■ **Your task**
In the records below, find the line with "scan min_pressure balance_map []"; retype that line and all the following lines through the end, exactly, and add nothing.

#####

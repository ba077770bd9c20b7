-- ===== src/Router/Paths.antt =====
-- router/ant/src/lib.rs, find_path_by_pressure and what it calls, with BalanceQueryResponse of
-- sgtypes/src/message.rs: a path is put together from the answers of a search, and the path under the
-- least pressure is taken.
pub mod Picks
pub mod Walks
pub mod Least
use stargate.Common.{
  ℕ, zero, suc, ◌+◌, ◌-◌, ◌^◌, Bool, true, false, ◌||◌, Option, none, some, List, [], ◌∷◌, map,
  ◌==◌, length, if◌then◌else◌,
}
use stargate.Common.Outcome.{Outcome, ok, err, ok_or}
use stargate.Common.Integers.{ℤ, pos, negsuc, diff, ◌+ℤ◌, ltℤ, eqℤ}

pub record BalanceQueryResponse : Type 0 where
  pub local_addr : ℕ
  pub remote_addr : ℕ
  pub local_balance : ℕ
  pub remote_balance : ℕ
  pub total_pay_amount : ℕ

unfoldable pub revert : BalanceQueryResponse → BalanceQueryResponse
revert r = record {
  local_addr = r.remote_addr;
  remote_addr = r.local_addr;
  local_balance = r.remote_balance;
  remote_balance = r.local_balance;
  total_pay_amount = r.total_pay_amount;
}

-- the last response that touches `local`, and the others: the index that the loop leaves, and `remove`
unfoldable pub take_last :
    ℕ → List BalanceQueryResponse → Option (BalanceQueryResponse × List BalanceQueryResponse)
take_last local [] = none
take_last local (r ∷ rs) = elim (take_last local rs) [
  | some (q, qs) ↦ some (q, r ∷ qs)
  | none ↦ if r.local_addr == local || r.remote_addr == local then some (r, rs) else none
]

-- the response as seen from `local`, and what is left of the list
unfoldable pub find_response :
    ℕ → List BalanceQueryResponse → Option (BalanceQueryResponse × List BalanceQueryResponse)
find_response local response_list = elim (take_last local response_list) [
  | none ↦ none
  | some (r, rest) ↦ some (if r.remote_addr == local then revert r else r, rest)
]

-- the loop from `seed` on, with the number of rounds left; a round takes a response out of the list
unfoldable pub walk : ℕ → ℕ → ℕ → List BalanceQueryResponse → List BalanceQueryResponse
walk zero seed end list = []
walk (suc n) seed end list = elim (find_response seed list) [
  | none ↦ []
  | some (r, rest) ↦
      r ∷ elim (r.remote_addr == end) [ true ↦ [] | false ↦ walk n r.remote_addr end rest ]
]

-- `balance_query_response_list` of an AntFinalMessage, put in order
unfoldable pub format_response_list : List BalanceQueryResponse → ℕ → ℕ → List BalanceQueryResponse
format_response_list list start end = walk (length list) start end list

-- the loop over the balances, on i128; sums of u64 amounts do not reach its bounds
unfoldable pub pressure_from : ℤ → List BalanceQueryResponse → ℤ
pressure_from pressure [] = pressure
pressure_from pressure (b ∷ balances) =
    pressure_from
      (pressure +ℤ pos b.total_pay_amount +ℤ pos b.remote_balance +ℤ diff 0 b.local_balance)
      balances

unfoldable pub pressure_of : List BalanceQueryResponse → ℤ
pressure_of balances = pressure_from (pos 0) balances

abbrev pub Balances : Type 0
Balances = List (ℤ × List BalanceQueryResponse)

-- a HashMap keyed by the pressure
unfoldable pub insert : ℤ → List BalanceQueryResponse → Balances → Balances
insert pressure path [] = (pressure, path) ∷ []
insert pressure path ((key, old) ∷ m) =
    let rest = insert pressure path m in
    if eqℤ key pressure then (key, path) ∷ m else (key, old) ∷ rest

unfoldable pub get : Balances → ℤ → Option (List BalanceQueryResponse)
get [] pressure = none
get ((key, path) ∷ m) pressure = if eqℤ key pressure then some path else get m pressure

-- `std::i128::MAX`
abbrev pub i128_max : ℤ
i128_max = pos (2 ^ 127 - 1)

-- the loop over the paths, put in order already
unfoldable pub scan : ℤ → Balances → List (List BalanceQueryResponse) → ℤ × Balances
scan min_pressure balance_map [] = (min_pressure, balance_map)
scan min_pressure balance_map (balances ∷ paths) =
    scan (if ltℤ (pressure_of balances) min_pressure then pressure_of balances else min_pressure)
      (insert (pressure_of balances) balances balance_map) paths

pub data NoPath : Type 0 where
  no_path : NoPath

unfoldable pub find_path_by_pressure :
    List (List BalanceQueryResponse) → ℕ → ℕ → Outcome NoPath (List BalanceQueryResponse)
find_path_by_pressure paths start end =
    let (min_pressure, balance_map) =
      scan i128_max [] (map (λ list. format_response_list list start end) paths) in
    ok_or no_path (get balance_map min_pressure)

#####

■ **Exercise response**
scan min_pressure balance_map [] = (min_pressure, balance_map)
scan min_pressure balance_map (balances ∷ paths) =
    scan (if ltℤ (pressure_of balances) min_pressure then pressure_of balances else min_pressure)
      (insert (pressure_of balances) balances balance_map) paths

pub data NoPath : Type 0 where
  no_path : NoPath

unfoldable pub find_path_by_pressure :
    List (List BalanceQueryResponse) → ℕ → ℕ → Outcome NoPath (List BalanceQueryResponse)
find_path_by_pressure paths start end =
    let (min_pressure, balance_map) =
      scan i128_max [] (map (λ list. format_response_list list start end) paths) in
    ok_or no_path (get balance_map min_pressure)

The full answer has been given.